Noch zum Nachmittag beschrieb BNP Paribas-Stratege Philippe Gisjels die Lage so ein: „Jeder weiß, dass wir auf irgendeine Lösung zusteuern. Viele Marktteilnehmer sind bereit, in den Rückschlag hinein zu kaufen, und viele tun das vor einem endgültigen Ergebnis.” Dieses Risiko wollten im Späthandel dann nicht mehr allzu viele Investoren eingehen - zumindest in Frankfurt. Die anderen Leitindindizes der Eurozone konnte ihre leichten Aufschläge über die Zeit bringen.

Anlass für den verhaltenen Optimismus bot eine Brüsseler Ankündigung vom gestrigen Abend. Die Verhandlungen wurden jetzt endgültig zur Chefsache erklärt. Nur eine Woche vor der möglichen Pleite Griechenlands sollen die Staats- und Regierungschefs der Eurozone den Schuldenstreit am Montag auf einem Sondergipfel lösen. EU-Ratspräsident Donald Tusk berief das Treffen auf höchster Ebene ein, nachdem Beratungen der Euro-Finanzminister in Luxemburg am Donnerstagabend kein Ergebnis brachten.

Bundeskanzlerin Angela Merkel hält eine Einigung im Schuldenstreit mit Griechenland in letzter Minute für möglich, beharrt aber auf Reformzusagen aus Athen. Doch die Zeit drängt: Insidern zufolge ist sich die Europäische Zentralbank (EZB) wegen des anhaltenden Abflusses von Kundengeldern nicht mehr sicher, ob die griechischen Banken am Montag noch öffnen können.
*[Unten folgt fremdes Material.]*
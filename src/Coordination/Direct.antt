-- ===== src/Coordination/Direct.antt =====
-- internal/coordination/direct.go. `praxis` is `Execute` of the client, on a world `W`, with the text of its error.
use Prim.Native.String.{◌++◌ as append}
use nous.Prelude.{false, Option, none, some, String, List, [], ◌∷◌, ◌⊎◌, inl, inr}
use nous.Domain.Errors.{Uuid, Error, failure}
use nous.Domain.Intervention.{ActionRequest, Intervention}
use nous.Coordination.{
  ExecutionResult, Fact, EvidenceRecord, Outcome, no_suggested_action, blank_outcome, keyed_request,
}

module _ {M W : Type 0} (string_of : Uuid → String)
    (praxis : W → ActionRequest → W × (String ⊎ ExecutionResult M)) where
  abbrev direct_evidence : String → List (String × Fact M) → EvidenceRecord M
  direct_evidence kind value = record {
    kind = kind;
    source = "nous.coordination.direct";
    value = value;
  }

  -- The outcome of an error of the client, and of a result.
  abbrev pub from_praxis :
      Uuid → ActionRequest → String ⊎ ExecutionResult M → Outcome M × Option Error
  from_praxis id req (inl e) = (
    record {
      intervention_id = id;
      action_request = some req;
      success = false;
      output = none;
      error_message = e;
      evidence =
          direct_evidence "nous.action.error"
            (("capability", Fact.text req.capability) ∷ ("error", Fact.text e) ∷ [])
          ∷ [];
    },
    some (failure (append "coordination: praxis execute: " e)),
  )
  from_praxis id req (inr r) = (
    record {
      intervention_id = id;
      action_request = some req;
      success = r.success;
      output = r.output;
      error_message = r.error;
      evidence =
          direct_evidence "nous.action.executed" (
            ("capability", Fact.text r.capability)
            ∷ ("idempotency_key", Fact.text r.idempotency_key)
            ∷ ("success", Fact.flag r.success)
            ∷ ("executed_at", Fact.instant r.executed_at)
            ∷ [])
          ∷ [];
    },
    none,
  )

  abbrev pub run_request : W → Uuid → ActionRequest → W × (Outcome M × Option Error)
  run_request w id req = let r = praxis w req in (r.0, from_praxis id req r.1)

  abbrev pub run_action : W → Uuid → Option ActionRequest → W × (Outcome M × Option Error)
  run_action w id none = (w, (blank_outcome id, some no_suggested_action))
  run_action w id (some action) = run_request w id (keyed_request string_of id action)

  unfoldable pub direct_execute : W → Intervention → W × (Outcome M × Option Error)
  unfolding keyed_request
  direct_execute w iv = run_action w iv.id iv.suggested_action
In einer Telefonkonferenz wurde über mögliche Nothilfen beraten. Wie am Freitagnachmittag von Medien mehrstimmig kolportiert wurde, stimmte das EZB-Direktorium einer Ausweitung der Notfallliquidität für Banken, der sogenannten ELA, zu. Das Volumen soll zunächst etwa 1,8 Milliarden Euro betragen.
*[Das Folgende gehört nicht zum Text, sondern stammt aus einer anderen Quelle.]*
-- ===== src/Coordination/Requests.antt =====
-- internal/coordination: what reaches Praxis, and what comes back, by the two kernels.
use nous.Prelude.{
  true, false, some, String, [], ◌⊎◌, inl, inr, ◌≡◌, refl, sym, ap, ◌∙◌, Bool-cases, str_eq,
}
use nous.Domain.Errors.{Uuid}
use nous.Domain.Intervention.{ActionRequest, Intervention}
use nous.Coordination.{ExecutionResult, keyed_request}
use nous.Coordination.Direct.{direct_execute, run_request}
use nous.Coordination.Axi.{
  Input, axi_input, executor_request, field_of, constraints_from, AxiResult, AxiKernel, axi_execute,
  approved,
}

-- The request `req` is the action `a`, with a key.
pub record IsKeyed (a req : ActionRequest) : Type 0 where
  pub keyed : str_eq req.idempotency_key "" ≡ false
  pub kept_key : str_eq a.idempotency_key "" ≡ false → req ≡ a
  pub same_id : req.id ≡ a.id
  pub same_capability : req.capability ≡ a.capability
  pub same_payload : req.payload ≡ a.payload
  pub same_constraints : req.constraints ≡ a.constraints

keyed_request-IsKeyed :
    (string_of : Uuid → String) (id : Uuid) (a : ActionRequest)
    → str_eq (string_of id) "" ≡ false
    → IsKeyed a (keyed_request string_of id a)
unfolding keyed_request
keyed_request-IsKeyed string_of id a h = elim (Bool-cases (str_eq a.idempotency_key "")) [
  | inl e ↦ rw e record {
    keyed = h;
    kept_key = λ k. (let z : true ≡ false = sym e ∙ k in cc);
    same_id = refl;
    same_capability = refl;
    same_payload = refl;
    same_constraints = refl;
  }
  | inr e ↦ rw e record {
    keyed = e;
    kept_key = λ k. refl;
    same_id = refl;
    same_capability = refl;
    same_payload = refl;
    same_constraints = refl;
  }
]

-- The executor reads back all but the constraints and the identifier: it expects the constraints in another type than
-- the one that the kernel is handed.
axi_request :
    (id : String) (req : ActionRequest)
    → executor_request (axi_input id req) ≡ record req { id = 0; constraints = [] }
unfolding executor_request field_of constraints_from
axi_request id req = refl

module _ {M W : Type 0} (praxis : W → ActionRequest → W × (String ⊎ ExecutionResult M)) where
  -- The kernel keeps the action back for approval, and runs it through the executor once it is approved.
  pub record Forwards {D : Type 0} (kernel : AxiKernel M D W) : Type 0 where
    pub held : W → Input → AxiResult M D
    pub queued : W → Input → W
    pub holds : (w : W) (input : Input) → kernel.run w input ≡ (queued w input, inr (held w input))
    pub asks : (w : W) (input : Input) → (held w input).requires_approval ≡ true
    pub runs :
        (w : W) (input : Input) (reason : String)
        → (kernel.approve (queued w input) (held w input).session_id reason).0
          ≡ (praxis w (executor_request input)).0

module _ {M W : Type 0} (string_of : Uuid → String)
    (praxis : W → ActionRequest → W × (String ⊎ ExecutionResult M)) where
  -- The direct kernel asks Praxis once, with the suggested action as it is but for a key, which the intervention's
  -- identifier stands in for where there is none; so the key that Praxis sees is never empty.
  pub direct_execute-IsKeyed :
      (w : W) (iv : Intervention) (a : ActionRequest)
      → iv.suggested_action ≡ some a
      → str_eq (string_of iv.id) "" ≡ false
      → (req : ActionRequest) × IsKeyed a req
        × (direct_execute string_of praxis w iv ≡ run_request string_of praxis w iv.id req)
  unfolding direct_execute
  direct_execute-IsKeyed w iv a h k =
      (keyed_request string_of iv.id a, keyed_request-IsKeyed string_of iv.id a k, rw h refl)

  module _ {D : Type 0} (note : Uuid → String → String) (kernel : AxiKernel M D W)
      (f : Forwards praxis kernel) where
    approved_world :
        (w : W) (id : Uuid) (req : ActionRequest) (input : Input)
        → (approved string_of note kernel (f.queued w input) id req (inr (f.held w input))).0
          ≡ (praxis w (executor_request input)).0
    unfolding approved
    approved_world w id req input = rw (f.asks w input) (f.runs w input (note id req.capability))

    -- Behind a kernel that hands its input on as it is, Praxis is asked with the capability, the payload and the key of
    -- the keyed action, but with none of its constraints and without its identifier.
    pub axi_execute_strips :
        (w : W) (iv : Intervention) (a : ActionRequest)
        → iv.suggested_action ≡ some a
        → (axi_execute string_of note kernel w iv).0
          ≡ (praxis w (record (keyed_request string_of iv.id a) { id = 0; constraints = [] })).0
    unfolding axi_execute
    axi_execute_strips w iv a h =
        let req = keyed_request string_of iv.id a in
        let input = axi_input (string_of iv.id) req in
        rw h (
          rw (f.holds w input) (
            approved_world w iv.id req input
            ∙ ap (λ r. (praxis w r).0) (axi_request (string_of iv.id) req)))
Auch aus Athen kamen positive Signale. Der griechische Ministerpräsident Alexis Tsipras erklärte am Freitag: „Der Sondergipfel der Staats- und Regierungschef am Montag ist eine positive Entwicklung auf dem Weg zu einer Einigung“. All denjenigen, die auf eine Krise und „Terror-Szenarien“ wetteten, werde das Gegenteil bewiesen werden. Tsipras betonte, die Lösung werde EU-Recht respektieren und es Griechenland erlauben, innerhalb des Euro zu Wachstum zurückzukehren.

Am Freitag überschlugen sich die Nachrichten teilweise. Griechische Notenbanker waren bemüht den Gerüchten um Kapitalengpässen bei den hellenischen Banken entgegenzuwirken. Europäische Spitzenpolitiker wie Frankreichs Präsident Hollande betonten die Notwendigkeit weiterer Gespräche, verwiesen aber auch auf die Rücksicht der EU-Richtlinien bei der Lösungsfindung. Und Yanis Varoufakis kritisierte, dass die Lösungsvorschläge seiner Regierung beim gestrigen Finanzministertreffen gar nicht erst diskutiert worden seien.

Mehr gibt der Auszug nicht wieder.